What is expected ->
The records follow. Filter them to the lines that hold "faults".

────────────────

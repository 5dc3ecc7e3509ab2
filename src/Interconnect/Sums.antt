-- ===== src/Interconnect/Sums.antt =====
-- That the counters of all adapters and ports are added up.
use native.Mathlib.Nat.{zero-add}
use xbat_ginkgo.Base.{
  ℕ, ◌+◌, ◌%◌, ◌^◌, ◌≡◌, refl, ap, ◌∙◌, inl, inr, false, List, [], ◌∷◌, Option, none, some, Bytes,
  arith, if◌then◌else◌, Bool-cases, Option-cases,
}
use xbat_ginkgo.Base.Maps.{lookup, lookup_or, lookup-insert, bytes_key, bytes_eq, bytes_eq_iff}
use xbat_ginkgo.Base.Outcome.{Outcome, done, fails, faults, ◌>>=◌, Ensures, Ensures-done}
use xbat_ginkgo.Interconnect.{
  Reading, CounterDir, Adapters, accumulate, add_file, add_counters, add_ports, add_devices,
  read_infiniband, metric_counters,
}
use xbat_ginkgo.Text.{trim_whitespaces}
use xbat_ginkgo.Text.Numbers.{stoull}

-- The number in a file: 0 if it does not exist.
abbrev pub number_in : Option (Option Bytes) → ℕ
number_in none = 0
number_in (some none) = 0
number_in (some (some content)) = elim (stoull (trim_whitespaces content false)) [
  | none ↦ 0
  | some v ↦ v
]

-- The sum of the counters called `n` among `names` in one directory.
sum_counters : Bytes → List Bytes → CounterDir → ℕ
sum_counters n [] dir = 0
sum_counters n (name ∷ names) dir =
    (if bytes_eq name n then number_in (lookup name dir) else 0) + sum_counters n names dir

sum_ports : Bytes → List (Option CounterDir) → ℕ
unfolding sum_counters
sum_ports n [] = 0
sum_ports n (none ∷ ports) = sum_ports n ports
sum_ports n (some dir ∷ ports) = sum_counters n metric_counters dir + sum_ports n ports

pub sum_devices : Bytes → Adapters → ℕ
unfolding sum_ports
sum_devices n [] = 0
sum_devices n (none ∷ devices) = sum_devices n devices
sum_devices n (some ports ∷ devices) = sum_ports n ports + sum_devices n devices

lookup-accumulate :
    (n name : Bytes) (v : ℕ) (r : Reading)
    → lookup_or 0 n (accumulate name v r)
      ≡ (if bytes_eq name n then (lookup_or 0 n r + v) % 2 ^ 64 else lookup_or 0 n r)
unfolding accumulate lookup_or
lookup-accumulate n name v r =
    rw (lookup-insert name n ((lookup_or 0 name r + v) % 2 ^ 64) r, accumulate, lookup_or)
      (elim (Bool-cases (bytes_eq name n)) [
        | inl same ↦ rw (same, (bytes_eq_iff name n).0 same) refl
        | inr other ↦ rw other refl
      ])

-- The counter called `n` has grown by `a`, modulo 2^64.
abbrev Adds : Bytes → ℕ → Reading → Reading → Type 0
Adds n a r r' = lookup_or 0 n r' % 2 ^ 64 ≡ (lookup_or 0 n r + a) % 2 ^ 64

Adds-trans :
    (n : Bytes) (a b : ℕ) (r r' r'' : Reading)
    → Adds n a r r'
    → Adds n b r' r''
    → Adds n (a + b) r r''
Adds-trans n a b r r' r'' h h' = omega (arith, h, h')

Adds-bind :
    (n : Bytes) (a b : ℕ) (r : Reading) (m : Outcome Reading) (f : Reading → Outcome Reading)
    → Ensures (Adds n a r) m
    → ((r' : Reading) → Ensures (Adds n b r') (f r'))
    → Ensures (Adds n (a + b) r) (m >>= f)
Adds-bind n a b r (done r') f h h' = go (f r') (h' r')
  where
    go : (o : Outcome Reading) → Ensures (Adds n b r') o → Ensures (Adds n (a + b) r) o
    go (done r'') e = Adds-trans n a b r r' r'' h e
    go fails e = tt
    go faults e = tt
Adds-bind n a b r fails f h h' = tt
Adds-bind n a b r faults f h h' = tt

Adds-zero : (n : Bytes) (r : Reading) → Adds n 0 r r
Adds-zero n r = omega arith

add_file_lem :
    (n name : Bytes) (file : Option (Option Bytes)) (r : Reading)
    → Ensures (Adds n (if bytes_eq name n then number_in file else 0) r) (add_file name file r)
unfolding add_file
add_file_lem n name none r = ground arith
add_file_lem n name (some none) r = tt
add_file_lem n name (some (some content)) r =
    elim (Option-cases (stoull (trim_whitespaces content false))) [
      | inl e ↦ rw e tt
      | inr (v, e) ↦ rw e (rw (lookup-accumulate n name v r) (ground arith))
    ]

add_counters_lem :
    (n : Bytes) (names : List Bytes) (dir : CounterDir) (r : Reading)
    → Ensures (Adds n (sum_counters n names dir) r) (add_counters names dir r)
unfolding add_counters sum_counters
add_counters_lem n [] dir r = Adds-zero n r
add_counters_lem n (name ∷ names) dir r =
    Adds-bind n _ _ r _ _ (add_file_lem n name (lookup name dir) r)
      (λ r'. add_counters_lem n names dir r')

add_ports_lem :
    (n : Bytes) (ports : List (Option CounterDir)) (r : Reading)
    → Ensures (Adds n (sum_ports n ports) r) (add_ports ports r)
unfolding add_ports sum_ports
add_ports_lem n [] r = Adds-zero n r
add_ports_lem n (none ∷ ports) r = add_ports_lem n ports r
add_ports_lem n (some dir ∷ ports) r =
    Adds-bind n _ _ r _ _ (add_counters_lem n metric_counters dir r)
      (λ r'. add_ports_lem n ports r')

add_devices_lem :
    (n : Bytes) (devices : Adapters) (r : Reading)
    → Ensures (Adds n (sum_devices n devices) r) (add_devices devices r)
unfolding add_devices sum_devices
add_devices_lem n [] r = Adds-zero n r
add_devices_lem n (none ∷ devices) r = add_devices_lem n devices r
add_devices_lem n (some ports ∷ devices) r =
    Adds-bind n _ _ r _ _ (add_ports_lem n ports r) (λ r'. add_devices_lem n devices r')

-- If `readInfiniband` succeeds, the reading holds for each counter the sum of its files over all
-- ports of all devices, modulo 2^64; a file that does not exist counts as 0.
pub read_infiniband_lem :
    (n : Bytes) (devices : Adapters) (results : Reading)
    → read_infiniband (some devices) ≡ done results
    → lookup_or 0 n results % 2 ^ 64 ≡ sum_devices n devices % 2 ^ 64
unfolding read_infiniband lookup_or
read_infiniband_lem n devices results h =
    let adds : Adds n (sum_devices n devices) [] results =
      Ensures-done (Adds n (sum_devices n devices) []) _ (add_devices_lem n devices []) h in
    adds ∙ ap (λ x. x % 2 ^ 64) (zero-add (sum_devices n devices))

────────────────

Response to this task ->
use xbat_ginkgo.Base.Outcome.{Outcome, done, fails, faults, ◌>>=◌, Ensures, Ensures-done}
    go faults e = tt
Adds-bind n a b r faults f h h' = tt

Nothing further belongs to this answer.